▸ Task to complete
Needed from the data below: every line from the one with "abbrev pub last : List A → Option A" up to and including the one with "A → Bool) where", repeated exactly and with nothing else.

▸ Data supplied
######
-- ===== src/Tests/Units.antt =====
-- The theorems on buffers, assemblies and chunk files, at small inputs.
use elykseer_cpp.Base.{
  ◌≡◌, refl, true, false, some, [], ◌∷◌, ℕ, zero, suc, ◌<◌, ◌≤◌, ◌+◌, ◌-◌, ◌⊎◌, arith, Block, slice,
  str_eq, to_string, decimal, pos,
}
use elykseer_cpp.Host.{World, FilePath, fwrite, path_eq}
use elykseer_cpp.Buffer.{copy_pimpl, fileout_sz_pos, fileout_pimpl, past_end}
use elykseer_cpp.Buffer.Copy.{Copied, Refused, copy_pimpl-Copied}
use elykseer_cpp.Nchunks.{sequence, sequence_from}
use elykseer_cpp.Cipher.{
  encrypt_buffer, decrypt_buffer, too_short, write_tag, verify_tag, crypt_loop,
}
use elykseer_cpp.Cipher.Laws.{seal}
use elykseer_cpp.Cipher.Seal.{data_pieces, tag_of}
use elykseer_cpp.Cipher.Roundtrip.{
  decrypt_buffer-encrypt_buffer, decrypt_buffer-authentic, decrypt_buffer-discards,
}
use elykseer_cpp.Assembly.{
  Assembly, writable, full, sealed, BlockInformation, idx2apos, chunk_identifier,
}
use elykseer_cpp.Assembly.Layout.{apos2idx, apos2idx-idx2apos, idx2apos-before_tag}
use elykseer_cpp.Assembly.Writable.{create_writable, backup}
use elykseer_cpp.Assembly.Writable.Create.{Created, create_writable-Created}
use elykseer_cpp.Assembly.Writable.Backup.{info_of, Appended, backup-Appended}
use elykseer_cpp.Assembly.Full.{restore}
use elykseer_cpp.Assembly.Full.Restore.{restore_block}
use elykseer_cpp.Assembly.Chunks.{
  extract, extract_loop, extract_chunk, write_chunk, chunk_path, recall,
}
use elykseer_cpp.Assembly.Chunks.Round.{Extends}
use elykseer_cpp.Assembly.Chunks.Extract.{HasChunks, extract-HasChunks, extract-Extends}
use elykseer_cpp.Assembly.Chunks.Recall.{recall-HasChunks}
use elykseer_cpp.Tests.{
  toy, toy-IsGcm, config_16, empty_host, three_bytes, aid_x, empty_memory, empty_assembly,
  empty-IsWritable, filled_memory,
}

abbrev twenty : Block
twenty = record { len = 20; byte = λ i. i }

copy_pimpl-Copied_example :
    Copied twenty three_bytes
      (pos 4)
      (pos 2)
      (pos 1)
      (copy_pimpl twenty (pos 4) (pos 2) (some three_bytes) (pos 1))
    ⊎ Refused three_bytes (copy_pimpl twenty (pos 4) (pos 2) (some three_bytes) (pos 1))
copy_pimpl-Copied_example = copy_pimpl-Copied twenty three_bytes (pos 4) (pos 2) (pos 1)

abbrev twenty_sealed : Block
twenty_sealed = record { len = 20; byte = (encrypt_buffer toy [] [] [] twenty).1.byte }

twenty_encrypts : encrypt_buffer toy [] [] [] twenty ≡ (true, twenty_sealed)
unfolding encrypt_buffer too_short write_tag crypt_loop slice
twenty_encrypts = refl

decrypt_buffer-encrypt_buffer_example :
    ((decrypt_buffer toy [] [] [] twenty_sealed).0 ≡ true)
    × ((decrypt_buffer toy [] [] [] twenty_sealed).1.len ≡ 20)
    × ((i : ℕ) → i < 20 - 16 → (decrypt_buffer toy [] [] [] twenty_sealed).1.byte i ≡ twenty.byte i)
decrypt_buffer-encrypt_buffer_example =
    decrypt_buffer-encrypt_buffer toy toy-IsGcm [] [] [] twenty twenty_sealed twenty_sealed
      twenty_encrypts refl (λ i lt. refl)

abbrev twenty_opened : Block
twenty_opened = record { len = 20; byte = (decrypt_buffer toy [] [] [] twenty_sealed).1.byte }

twenty_decrypts : decrypt_buffer toy [] [] [] twenty_sealed ≡ (true, twenty_opened)
unfolding encrypt_buffer decrypt_buffer too_short write_tag verify_tag crypt_loop slice str_eq
twenty_decrypts = refl

decrypt_buffer-authentic_example :
    (seal toy [] [] [] (data_pieces toy twenty_opened)
      ≡ some (data_pieces toy twenty_sealed, tag_of toy twenty_sealed))
    × (twenty_opened.len ≡ twenty_sealed.len)
decrypt_buffer-authentic_example =
    decrypt_buffer-authentic toy toy-IsGcm [] [] [] twenty_sealed twenty_opened (omega arith)
      twenty_decrypts

bad_tag : decrypt_buffer toy [] [] [] twenty ≡ (false, twenty)
unfolding decrypt_buffer too_short verify_tag slice str_eq
bad_tag = refl

decrypt_buffer-discards_example : (twenty ≡ twenty) ⊎ (twenty ≡ record twenty { byte = λ _. 0 })
decrypt_buffer-discards_example = decrypt_buffer-discards toy [] [] [] twenty twenty bad_tag

apos2idx-idx2apos_example : apos2idx (idx2apos 70 16) 16 ≡ 70
apos2idx-idx2apos_example = apos2idx-idx2apos 70 16 (omega arith) (omega arith)

idx2apos-before_tag_example : idx2apos 4194047 16 < 4194304 - 16
idx2apos-before_tag_example = idx2apos-before_tag 4194047 16 (omega arith) (omega arith)

create_writable-Created_example :
    (a : Assembly writable) × (w' : World) × (b : Block) × (create_writable toy config_16 empty_host
      ≡ some (a, w'))
    × Created config_16 empty_host w' a b
create_writable-Created_example = create_writable-Created toy config_16 empty_host (omega arith)

backup-Appended_example :
    (a' : Assembly writable) × (t' : Block) × (backup toy empty_assembly
        (record { pimpl = some three_bytes })
        1
        2
      ≡ some (info_of toy empty_assembly three_bytes 1 2, a'))
    × Appended empty_assembly a' empty_memory t' three_bytes 1 2
backup-Appended_example =
    backup-Appended toy empty_assembly empty_memory three_bytes 1 2 empty-IsWritable (omega arith)
      (omega arith) (omega arith) (omega arith)

abbrev held_full : Assembly full
held_full = record {
  config = config_16;
  info = record { nchunks = 16; apos = 4194304; aid = aid_x };
  buffer = some (record { pimpl = some filled_memory });
}

abbrev block_info : ℕ → BlockInformation
block_info size = record {
  blockid = 1;
  bchecksum = some (1 ∷ 2 ∷ 3 ∷ []);
  blocksize = size;
  filepos = 0;
  blockaid = aid_x;
  blockapos = 0;
}

three_there : (j : ℕ) → j < 3 → filled_memory.byte (idx2apos (j + 0) 16) ≡ three_bytes.byte (j + 0)
unfolding idx2apos
three_there zero h = refl
three_there (suc zero) h = refl
three_there (suc (suc zero)) h = refl
three_there (suc (suc (suc j))) h = absurd (omega arith)

three_sum :
    (block_info 3).bchecksum
    ≡ some (toy.sha3_256 (slice three_bytes.byte 0 (block_info 3).blocksize))
unfolding slice
three_sum = refl

restore_block_example :
    (b : Block) × (restore toy held_full (block_info 3) ≡ some (some (record { pimpl = some b })))
    × (b.len ≡ 3)
    × (slice b.byte 0 3 ≡ slice three_bytes.byte 0 3)
restore_block_example =
    restore_block toy held_full filled_memory (block_info 3) refl (omega arith) (omega arith) refl
      three_bytes 0 (omega arith) (omega arith) three_there three_sum

abbrev sealed_16 : Assembly sealed
sealed_16 = record {
  config = config_16;
  info = record { nchunks = 16; apos = 3; aid = aid_x };
  buffer = some (record { pimpl = some filled_memory });
}

all_counted : (extract toy sealed_16 empty_host).0 ≡ 4194304
unfolding extract extract_loop extract_chunk sequence sequence_from chunk_path chunk_identifier
    write_chunk fileout_sz_pos fileout_pimpl past_end fwrite to_string decimal path_eq str_eq
all_counted = refl

extract-Extends_example :
    Extends empty_host (extract toy sealed_16 empty_host).2
    × ((extract toy sealed_16 empty_host).0 ≤ 4194304)
extract-Extends_example =
    extract-Extends toy sealed_16 filled_memory empty_host refl (omega arith) (λ p. omega arith)

extract-HasChunks_example :
    HasChunks toy sealed_16 filled_memory (extract toy sealed_16 empty_host).2 1 16
extract-HasChunks_example =
    extract-HasChunks toy sealed_16 filled_memory empty_host refl (omega arith) (λ p. omega arith)
      all_counted

chunks_there : HasChunks toy sealed_16 filled_memory (extract toy sealed_16 empty_host).2 1 16
chunks_there =
    extract-HasChunks toy sealed_16 filled_memory empty_host refl (omega arith) (λ p. omega arith)
      all_counted

all_readable : (p : FilePath) → (extract toy sealed_16 empty_host).2.read_ok p ≡ true
unfolding extract extract_loop extract_chunk sequence sequence_from chunk_path chunk_identifier
    write_chunk fileout_sz_pos fileout_pimpl past_end fwrite to_string decimal path_eq str_eq
all_readable p = refl

recall-HasChunks_example :
    (a : Assembly sealed) × (m : Block) × (recall toy config_16 aid_x
        (extract toy sealed_16 empty_host).2
      ≡ some a)
    × (a.config ≡ config_16)
    × (a.info.aid ≡ aid_x)
    × (a.buffer ≡ some (record { pimpl = some m }))
    × (m.len ≡ 4194304)
    × ((i : ℕ) → i < 4194304 → m.byte i ≡ filled_memory.byte i)
recall-HasChunks_example =
    recall-HasChunks toy config_16 aid_x filled_memory (extract toy sealed_16 empty_host).2
      all_readable chunks_there
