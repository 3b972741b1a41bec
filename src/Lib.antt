-- ===== src/Lib.antt =====
-- The applications of the EHF fellowship: the applicant's side of the program in app/, and the
-- reviewers' side where it decides on it.
--
-- An applicant signs in (app/auth), saves the sections of an application as drafts, confirms each
-- section, uploads documents, and submits. A submission is bound to a manifest of all of it and
-- locks the drafts. Reviewers read documents, accept or reject them, approve a submission or return
-- it; administrators reopen a section or a document slot, which supersedes the submission.
--
-- Each module names the code that it follows; functions and fields keep their Python names.
--   Prelude        helpers: Python's dict, set, str and list operations, equality, and the actions
--                  that stand for methods. An action returns its result or its exception together
--                  with the state, since what was written before a raise stays written.
--   Drafts         app/applicant/drafts.py, InMemoryDraftRepository
--   Confirmations  app/applicant/confirmations.py, SectionConfirmationService
--   Store          app/documents/store.py, EncryptedObjectStore; the keyring of
--                  app/documents/keys.py and the verdict of app/documents/malware.py
--   Documents      app/applicant/documents.py: DocumentSlotRepository is Slots, and
--                  ApplicantDocumentService is Service, over Slots and the object store
--   Finalize       app/applicant/finalize.py, FinalizationService, over Drafts, Confirmations and
--                  Documents
--   Auth           app/auth/applicant.py, the repository and ApplicantAuthService
--   RateLimit      app/auth/rate_limit.py
--   Approval       app/applicant/approval.py, ApplicantApprovalService
--   Access         app/applicant/access.py, the repository and the service as one
--   Identity       app/identity.py, the resolver of internal users, over Preferences' identities
--   Preferences    app/preferences.py, the records with their checks and
--                  InMemoryPreferenceRepository
--   Calls          app/calls.py, the records of fellowship calls and InMemoryCallCatalog
--   Migrations     app/migrations.py, the history and the transaction, over a Server that answers
--   Evaluation     app/evaluation_groups.py, the grouping of applicants by their ballots
--   Importer       app/importer: Keys is normalize.py, Matching is match.py, Register is
--                  register.py, Classification is classify.py and documents/classification.py
--   Json           the values that Python reads from JSON, and the conversions that the code
--                  calls on them
--   Publications   app/applicant/publications.py: Doi and Canonical normalize, Receipts sign,
--                  Metadata reads a record of Crossref, Lookup is the bounded cache of lookups
--   Fields         app/applicant/fields.py and app/applicant/contribution.py: the inventory of
--                  sections, the normalization and validation of their fields, and the upgrading
--                  of older drafts
--   Projection     app/applicant/projection.py, what a session sees of its own application
--   Review         app/applicant/review.py, the applicant's own view and saves of a section, over
--                  Drafts, Confirmations, Fields and Publications
--
-- Conventions. Identifiers are numbers, which the code only compares; times are numbers of seconds.
-- What a call draws at random, reads from the clock or receives from outside (the validator of
-- PDFs, the scanner, the file system's answer to a write) is an argument of the call. SHA-256,
-- HMAC, AES-GCM and base64 are parameters, and so are the tables of Unicode (casefold, NFKD), the
-- readers of numbers, dates, addresses and UUIDs, and the calls of Crossref and of the identity
-- endpoint. Assumed are the cipher's round trip, the lengths of digests and of their base64, that
-- casefolding twice is casefolding once, and that digits have values below ten, each in the
-- theorems that say so. A key version is packed into two bytes, and one that does not fit is an
-- error of its own. A statement of a migration may fail after a part of its effects, and none ends
-- the transaction itself.
-- Python's numbers have no bound, and the counters here are natural numbers without a bound. Every
-- loop runs over a list but for the eviction of the cache of lookups, which runs on as much fuel as
-- the cache has entries.
--
-- Not modelled: HTTP routes and pages, the SQL adapters and the database, the import run with its
-- reading of folders, the extraction and reconciliation of publications by the importer, and the
-- readers that only sort or format; of the store, file modes and the clean-up of temporary files;
-- of the fields, `field_metadata` and `derive_ages`; of the review, `metadata`.
-- Concurrency: the repositories are used by one request at a time, so a history is a sequence of
-- calls. The cache of lookups is shared by threads, and its steps are the locked parts of a lookup
-- in any order.
pub mod Prelude
pub mod Drafts
pub mod Store
pub mod Documents
pub mod Confirmations
pub mod Finalize
pub mod Auth
pub mod RateLimit
pub mod Approval
pub mod Access
pub mod Migrations
pub mod Evaluation
pub mod Importer
pub mod Json
pub mod Publications
pub mod Fields
pub mod Projection
pub mod Review
pub mod Calls
pub mod Preferences
pub mod Identity
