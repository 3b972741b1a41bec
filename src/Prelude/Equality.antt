-- ===== src/Prelude/Equality.antt =====
-- Python's `==` on the types that the program compares.
use Prim.Native.Nat.{ℕ, compare, Ordering}
use Prim.Native.String.{String}
use mathlib.Core.Path.{◌≡◌, refl}
use mathlib.Core.Logic.{◌↔◌}
use mathlib.Core.Bool.{Bool, true, false, ◌&&◌}
use mathlib.Core.Option.{Option, none, some}
use mathlib.Core.List.{List, [], ◌∷◌}
use native.Mathlib.Omega.{arith}
use text.Mathlib.Text.{◌==◌ as str_eq}
use text.Mathlib.TextEquality.{eq_iff}

pub record Eq {ℓ} (A : Type ℓ) : Type ℓ where
  pub test : A → A → Bool
  pub agrees : (x y : A) → (test x y ≡ true) ↔ (x ≡ y)

infix 55 ◌==◌
abbrev pub ◌==◌ {ℓ} : {A : Type ℓ} ⦃e : Eq A⦄ → A → A → Bool
◌==◌ ⦃e⦄ = e.test

abbrev nat_beq : ℕ → ℕ → Bool
nat_beq a b = elim (compare a b) [ Ordering.eq ↦ true | _ ↦ false ]

pub nat_beq_iff : (a b : ℕ) → (nat_beq a b ≡ true) ↔ (a ≡ b)
nat_beq_iff a b = (λ h. ground arith, λ h. ground arith)

instance abbrev pub nat_eq : Eq ℕ
nat_eq = record { test = nat_beq; agrees = nat_beq_iff }

instance abbrev pub string_eq : Eq String
string_eq = record { test = str_eq; agrees = eq_iff }

module _ {ℓ κ} {A : Type ℓ} {B : Type κ} ⦃a : Eq A⦄ ⦃b : Eq B⦄ where
  abbrev pair_beq : A × B → A × B → Bool
  pair_beq (x, y) (z, w) = a.test x z && b.test y w

  pub pair_beq_iff : (p q : A × B) → (pair_beq p q ≡ true) ↔ (p ≡ q)
  pair_beq_iff (x, y) (z, w) = (
    λ h. ground (arith, a.agrees x z, b.agrees y w),
    λ h. ground (arith, a.agrees x z, b.agrees y w),
  )

  instance abbrev pub pair_eq : Eq (A × B)
  pair_eq = record { test = pair_beq; agrees = pair_beq_iff }

module _ {ℓ} {A : Type ℓ} ⦃a : Eq A⦄ where
  abbrev option_beq : Option A → Option A → Bool
  option_beq none none = true
  option_beq (some x) (some y) = a.test x y
  option_beq _ _ = false

  pub option_beq_iff : (p q : Option A) → (option_beq p q ≡ true) ↔ (p ≡ q)
  option_beq_iff none none = (λ h. refl, λ h. refl)
  option_beq_iff (some x) (some y) =
      (λ h. ground (arith, a.agrees x y), λ h. ground (arith, a.agrees x y))
  option_beq_iff none (some y) = (λ h. cc, λ h. cc)
  option_beq_iff (some x) none = (λ h. cc, λ h. cc)

  instance abbrev pub option_eq : Eq (Option A)
  option_eq = record { test = option_beq; agrees = option_beq_iff }

  abbrev list_beq : List A → List A → Bool
  list_beq [] [] = true
  list_beq (x ∷ xs) (y ∷ ys) = a.test x y && list_beq xs ys
  list_beq _ _ = false

  pub list_beq_iff : (p q : List A) → (list_beq p q ≡ true) ↔ (p ≡ q)
  list_beq_iff [] [] = (λ h. refl, λ h. refl)
  list_beq_iff (x ∷ xs) (y ∷ ys) = (
    λ h. ground (arith, a.agrees x y, list_beq_iff xs ys),
    λ h. ground (arith, a.agrees x y, list_beq_iff xs ys),
  )
  list_beq_iff [] (y ∷ ys) = (λ h. cc, λ h. cc)
  list_beq_iff (x ∷ xs) [] = (λ h. cc, λ h. cc)

  instance abbrev pub list_eq : Eq (List A)
  list_eq = record { test = list_beq; agrees = list_beq_iff }

  pub beq_refl : (x : A) → (x == x) ≡ true
  beq_refl x = (a.agrees x x).1 refl

  pub eq_of_beq : (x y : A) → (x == y) ≡ true → x ≡ y
  eq_of_beq x y = (a.agrees x y).0

  pub ne_of_beq : (x y : A) → (x == y) ≡ false → ¬ (x ≡ y)
  ne_of_beq x y h p = ground (arith, (a.agrees x y).1 p)
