-- ===== src/Prelude/Lists.antt =====
-- Lists over the native numbers, and the searches that Python writes as generator expressions.
use Prim.Native.Nat.{ℕ, zero, suc, ◌+◌}
use mathlib.Core.Path.{◌≡◌, refl, ap, sym, subst}
use mathlib.Core.Bool.{Bool, true, false, ◌&&◌, ◌||◌}
use mathlib.Core.Option.{Option, none, some}
use mathlib.Core.List.{List, [], ◌∷◌, ◌++◌}
use mathlib.Core.Logic.{inl, inr, ◌⊎◌, ◌↔◌}
use native.Mathlib.Omega.{arith}
use ehf_applications.Prelude.Tests.{if◌then◌else◌, Bool-cases}

module _ {ℓ} {A : Type ℓ} where
  abbrev pub length : List A → ℕ
  length [] = 0
  length (x ∷ xs) = suc (length xs)

  pub length-append : (xs ys : List A) → length (xs ++ ys) ≡ length xs + length ys
  length-append [] ys = omega arith
  length-append (x ∷ xs) ys = omega (arith, length-append xs ys)

  -- [x for x in xs if p(x)]
  abbrev pub keep : (A → Bool) → List A → List A
  keep p [] = []
  keep p (x ∷ xs) = if p x then x ∷ keep p xs else keep p xs

  -- next((x for x in xs if p(x)), None)
  abbrev pub find : (A → Bool) → List A → Option A
  find p [] = none
  find p (x ∷ xs) = if p x then some x else find p xs

  -- next((x for x in reversed(xs) if p(x)), None)
  abbrev pub find_last : (A → Bool) → List A → Option A
  find_last p [] = none
  find_last p (x ∷ xs) = elim (find_last p xs) [
    | some y ↦ some y
    | none ↦ if p x then some x else none
  ]

  abbrev pub any : (A → Bool) → List A → Bool
  any p [] = false
  any p (x ∷ xs) = p x || any p xs

  abbrev pub all : (A → Bool) → List A → Bool
  all p [] = true
  all p (x ∷ xs) = p x && all p xs

  -- xs[-1] if xs else None
  abbrev pub last : List A → Option A
  last [] = none
  last (x ∷ []) = some x
  last (x ∷ y ∷ xs) = last (y ∷ xs)

module _ {ℓ κ} {A : Type ℓ} where
  abbrev pub All : (A → Type κ) → List A → Type κ
  All P [] = Unit
  All P (x ∷ xs) = P x × All P xs

  pub All-append : (P : A → Type κ) (xs ys : List A) → All P xs → All P ys → All P (xs ++ ys)
  All-append P [] ys h k = k
  All-append P (x ∷ xs) ys h k = (h.0, All-append P xs ys h.1 k)

module _ {ℓ} {A : Type ℓ} (p : A → Bool) where
  pub find-holds : (xs : List A) (x : A) → find p xs ≡ some x → p x ≡ true
  find-holds [] x h = cc
  find-holds (y ∷ xs) x h = elim (Bool-cases (p y)) [
    | inl hit ↦ ground arith
    | inr miss ↦ find-holds xs x (rw miss at h)
  ]

module _ {ℓ} {A : Type ℓ} where
  -- xs[:n]
  abbrev pub take : ℕ → List A → List A
  take zero xs = []
  take (suc n) [] = []
  take (suc n) (x ∷ xs) = x ∷ take n xs

  -- xs[n:]
  abbrev pub drop : ℕ → List A → List A
  drop zero xs = xs
  drop (suc n) [] = []
  drop (suc n) (x ∷ xs) = drop n xs

  pub take-append : (xs ys : List A) → take (length xs) (xs ++ ys) ≡ xs
  take-append [] ys = refl
  take-append (x ∷ xs) ys = ap (λ l. x ∷ l) (take-append xs ys)

  pub drop-append : (xs ys : List A) → drop (length xs) (xs ++ ys) ≡ ys
  drop-append [] ys = refl
  drop-append (x ∷ xs) ys = drop-append xs ys

  pub take_first : (n : ℕ) (xs ys : List A) → length xs ≡ n → take n (xs ++ ys) ≡ xs
  take_first n xs ys h = rw (← h) (take-append xs ys)

  pub drop_first : (n : ℕ) (xs ys : List A) → length xs ≡ n → drop n (xs ++ ys) ≡ ys
  drop_first n xs ys h = rw (← h) (drop-append xs ys)

module _ {A : Type 0} where
  -- the element stands in the list
  abbrev pub Holds : A → List A → Type 0
  Holds x [] = ⊥
  Holds x (y ∷ ys) = (x ≡ y) ⊎ Holds x ys

  pub Holds-keep :
      (p : A → Bool) (x : A) (xs : List A) → Holds x (keep p xs) ↔ (Holds x xs × (p x ≡ true))
  Holds-keep p x [] = (λ h. absurd h, λ h. absurd h.0)
  Holds-keep p x (y ∷ ys) =
      let (before, later) = Holds-keep p x ys in
      elim (Bool-cases (p y)) [
        | inl hit ↦ rw hit (
          λ h. elim h [
            | inl same ↦ (inl same, subst (λ z. p z ≡ true) (sym same) hit)
            | inr rest ↦ (inr (before rest).0, (before rest).1)
          ],
          λ (h, kept). elim h [ inl same ↦ inl same | inr rest ↦ inr (later (rest, kept)) ],
        )
        | inr miss ↦ rw miss (
          λ h. (inr (before h).0, (before h).1),
          λ (h, kept). elim h [
            | inl same ↦
                let dropped : p x ≡ false = subst (λ z. p z ≡ false) (sym same) miss in
                absurd (ground arith)
            | inr rest ↦ later (rest, kept)
          ],
        )
      ]

  pub All-Holds : (P : A → Type 0) (x : A) (xs : List A) → All P xs → Holds x xs → P x
  All-Holds P x [] h m = absurd m
  All-Holds P x (y ∷ ys) h m = elim m [
    | inl same ↦ subst P (sym same) h.0
    | inr rest ↦ All-Holds P x ys h.1 rest
  ]

  pub find-Holds : (p : A → Bool) (xs : List A) (x : A) → find p xs ≡ some x → Holds x xs
  find-Holds p [] x h = cc
  find-Holds p (y ∷ ys) x h = elim (Bool-cases (p y)) [
    | inl hit ↦ inl (ground arith)
    | inr miss ↦ inr (find-Holds p ys x (rw miss at h))
  ]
######
▸ Exercise output
  abbrev pub last : List A → Option A
  last [] = none
  last (x ∷ []) = some x
  last (x ∷ y ∷ xs) = last (y ∷ xs)

module _ {ℓ κ} {A : Type ℓ} where
  abbrev pub All : (A → Type κ) → List A → Type κ
  All P [] = Unit
  All P (x ∷ xs) = P x × All P xs

  pub All-append : (P : A → Type κ) (xs ys : List A) → All P xs → All P ys → All P (xs ++ ys)
  All-append P [] ys h k = k
  All-append P (x ∷ xs) ys h k = (h.0, All-append P xs ys h.1 k)

module _ {ℓ} {A : Type ℓ} (p : A → Bool) where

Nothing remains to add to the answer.